The Plain English Foundation has voted "Centres for National Resilience" as the worst word or phrase of 2021.
When Australian authorities announced new quarantine centres, they dubbed them "Centres for National Resilience".
The foundation's executive director Dr Neil James suggested it was just beyond the pale.
"Australians like to pride ourselves on calling a spade a spade," he said.
"But when it comes to quarantine, it seems the plain word wasn't fancy enough."
Each year, the Plain English Foundation gathers dozens of examples of the worst words to highlight the importance of clear public language.
Not surprisingly, COVID-19 featured prominently on the list.
When discussing targets for the vaccine rollout, authorities dubbed these "national vaccination allocation horizons".
Former NSW Premier Gladys Berejiklian was also taken to task for some doublespeak.
She did a "double adverb with pike" when Sky News asked whether she would consider incentives for vaccinations.
"Absolutely potentially," she said.
Dr James suggested words mattered.
"When facing our worst public health crisis in a century, plain language is critical so the public understand what is happening and what they need to do," he said.
"Yet too often the language was unclear".
2021 was another bad year for euphemism, doublespeak and spin.
Amazon instructed its workers to become "industrial athletes".
Academics suggested we start saying "negative encounter" instead of "shark attack", and police reported on an encounter with "an edged weapon" (a knife).
"It's one thing to overdress the language to make something sound fancier than it is," Dr James said. "But when it starts to deliberately mislead, there is a serious ethical concern."
The foundation's list also highlighted some of the latest jargon and Frankenwords, ranging from Metaverse and non-fungible token ("the latest crypto phenomenon to go mainstream") to gooder and besterest.
"Corporations will always push the language to make something sound more exciting or try to get our attention," Dr James said. "But sometimes it just gets too fancy to understand, and in other cases commits clear crimes against the English language."

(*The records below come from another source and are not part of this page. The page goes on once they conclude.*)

-- ===== src/Tokenizer/Tells.antt =====
-- What a call of the handler leaves, whatever it calls back: the limits may change, or the tokenizer
-- is disposed.
use oaverify.Common.{ℕ, Bool, true, Option, List, [], ◌∷◌}
use oaverify.Tokenizer.{
  Event, Result, done, disposed, ◌>>=◌, TextDecoder, Tokenizer, Handler, Call, calls_dispose,
  calls_set_byte_limit, calls_set_span_limit, calls_enable_member_commas, call_back, tell,
}
use oaverify.Tokenizer.Outcomes.{Returns, Yields}

module _ {D : TextDecoder} {H : Type 0} where
  -- The tokenizer with other limits, reporting commas or not.
  abbrev pub limited : Tokenizer D H → Option ℕ → Bool → Option ℕ → Bool → Tokenizer D H
  limited s byte all span commas = record s {
    byte_limit_at = byte;
    limit_counts_all = all;
    span_limit_at = span;
    member_commas = commas;
  }

  call_back-limited :
      (R : Result (Tokenizer D H) → Type 0) (s : Tokenizer D H)
      → R disposed
      → ((byte : Option ℕ) (all : Bool) (span : Option ℕ) (commas : Bool)
          → R (done (limited s byte all span commas)))
      → (calls : List Call) → R (call_back calls s)
  call_back-limited R s d h [] =
      h s.byte_limit_at s.limit_counts_all s.span_limit_at s.member_commas
  call_back-limited R s d h (calls_dispose ∷ calls) = d
  call_back-limited R s d h (calls_set_byte_limit at all ∷ calls) =
      call_back-limited R (record s { byte_limit_at = at; limit_counts_all = all }) d h calls
  call_back-limited R s d h (calls_set_span_limit at ∷ calls) =
      call_back-limited R (record s { span_limit_at = at }) d h calls
  call_back-limited R s d h (calls_enable_member_commas ∷ calls) =
      call_back-limited R (record s { member_commas = true }) d h calls

  module _ (on : Handler H) (s : Tokenizer D H) (event : Event) where
    -- The tokenizer that a call of the handler returns to.
    abbrev pub told : Option ℕ → Bool → Option ℕ → Bool → Tokenizer D H
    told = limited (record s { handler = on.hears s.handler event })

    pub tell-Returns :
        {B : Type 0} (Q : B → Type 0) (k : Tokenizer D H → Result B)
        → ((byte : Option ℕ) (all : Bool) (span : Option ℕ) (commas : Bool)
            → Returns Q (k (told byte all span commas)))
        → Returns Q (tell on s event >>= k)
    tell-Returns Q k h =
        call_back-limited (λ r. Returns Q (r >>= k))
          (record s { handler = on.hears s.handler event }) tt h (on.calls s.handler event)

    pub tell-Returns_done :
        (Q : Tokenizer D H → Type 0)
        → ((byte : Option ℕ) (all : Bool) (span : Option ℕ) (commas : Bool)
            → Q (told byte all span commas))
        → Returns Q (tell on s event)
    tell-Returns_done Q h =
        call_back-limited (Returns Q) (record s { handler = on.hears s.handler event }) tt h
          (on.calls s.handler event)

    pub tell-Yields :
        {B : Type 0} (Q : B → Type 0) (k : Tokenizer D H → Result B)
        → ((byte : Option ℕ) (all : Bool) (span : Option ℕ) (commas : Bool)
            → Yields Q (k (told byte all span commas)))
        → Yields Q (tell on s event >>= k)
    tell-Yields Q k h =
        call_back-limited (λ r. Yields Q (r >>= k))
          (record s { handler = on.hears s.handler event }) tt h (on.calls s.handler event)

    pub tell-Yields_done :
        (Q : Tokenizer D H → Type 0)
        → ((byte : Option ℕ) (all : Bool) (span : Option ℕ) (commas : Bool)
            → Q (told byte all span commas))
        → Yields Q (tell on s event)
    tell-Yields_done Q h =
        call_back-limited (Yields Q) (record s { handler = on.hears s.handler event }) tt h
          (on.calls s.handler event)
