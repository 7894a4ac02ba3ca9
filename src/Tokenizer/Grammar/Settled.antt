-- ===== src/Tokenizer/Grammar/Settled.antt =====
-- A value that is awaited settles its place.
use oaverify.Common.{ℕ, ◌≡◌, sym, ap, ◌∙◌, subst, List, [], ◌∷◌, ◌++◌, append_assoc}
use oaverify.Tokenizer.Grammar.{
  JsonText, Emits, Awaiting, Opened, Settled, at_root, in_array, at_key, open_array, open_object,
  more_items, more_members, array_events, object_events, array, object,
}
use oaverify.Tokenizer.{
  Event, on_start_object, on_end_object, on_start_array, on_end_array, on_key, Context, ctx_object,
  ctx_array,
}

pub Awaiting-Settled :
    (stack : List Context) (es fs : List Event) (value : JsonText)
    → Awaiting stack es
    → Emits value fs
    → Settled stack (es ++ fs)
Awaiting-Settled [] es fs value at_root e = (value, e)
Awaiting-Settled (ctx_array ∷ stack) es fs value
      (in_array (open_array {es = gs} {fs = hs} start w items)) e =
    subst (Opened (ctx_array ∷ stack)) (sym (append_assoc gs (on_start_array start ∷ hs) fs))
      (open_array start w (more_items items e))
Awaiting-Settled (ctx_object ∷ stack) es fs value
      (at_key {cs = cs} key n start end (open_object {es = gs} {fs = hs} begin w members) c) e =
    let own = cs ++ on_key key n start end ∷ [] in
    let split : ((gs ++ on_start_object begin ∷ hs) ++ own) ++ fs
        ≡ gs ++ (on_start_object begin ∷ ((hs ++ own) ++ fs)) =
      ap (λ xs. xs ++ fs) (append_assoc gs (on_start_object begin ∷ hs) own)
      ∙ append_assoc gs (on_start_object begin ∷ (hs ++ own)) fs in
    subst (Opened (ctx_object ∷ stack)) (sym split)
      (open_object begin w (more_members key n start end members c e))

pub close_array-Settled :
    (stack : List Context) (es : List Event) (end : ℕ)
    → Opened (ctx_array ∷ stack) es
    → Settled stack (es ++ on_end_array end ∷ [])
close_array-Settled stack es end (open_array {es = gs} {fs = hs} {items = items} start w i) =
    subst (Settled stack)
      (sym (append_assoc gs (on_start_array start ∷ hs) (on_end_array end ∷ [])))
      (Awaiting-Settled stack gs _ (array items) w (array_events start end i))

pub close_object-Settled :
    (stack : List Context) (es : List Event) (end : ℕ)
    → Opened (ctx_object ∷ stack) es
    → Settled stack (es ++ on_end_object end ∷ [])
close_object-Settled stack es end (open_object {es = gs} {fs = hs} {members = members} start w i) =
    subst (Settled stack)
      (sym (append_assoc gs (on_start_object start ∷ hs) (on_end_object end ∷ [])))
      (Awaiting-Settled stack gs _ (object members) w (object_events start end i))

Our teenagers contributed "cheugy" and "bussin" to the list.
"Cheugy" means that something is out of style or no longer fashionable, as in: "Those uggs are lowkey cheugy".
A more perplexing example is the use of "bussin" for something good - but only apparently applied to food: "this burger is bussin".
Lady Gaga received the award for Mixed Metaphor of the Year for "I felt a pin drop in my stomach".
The singer embraced method acting as the Gucci heiress who murdered Maurizio Gucci in the movie House of Gucci.
When she later drove past the scene of the crime, she felt as though she'd really killed someone. In the stomach. With pins. "I drove by where Maurizio was shot and I felt a pin drop in my stomach because I was so in my character, and I thought: 'What have I done?"," she said.
The Non-Apology of the Year went to a beauty company which made this dubious concession: "Failing to deliver information in a precise way".
The beauty company touting its green credentials launched a new product labelled in large all caps with "HELLO I'M PAPER BOTTLE". It was a standard plastic bottle wrapped in paper.
When challenged, the company said: "We used the term 'paper bottle' to explain the role of the paper label surrounding the bottle," The Korea Times reported.
"We overlooked the possibility that the naming could mislead people to think the whole packaging is made of paper.
"We apologise for failing to deliver information in a precise way."
We used to call this "not telling the truth".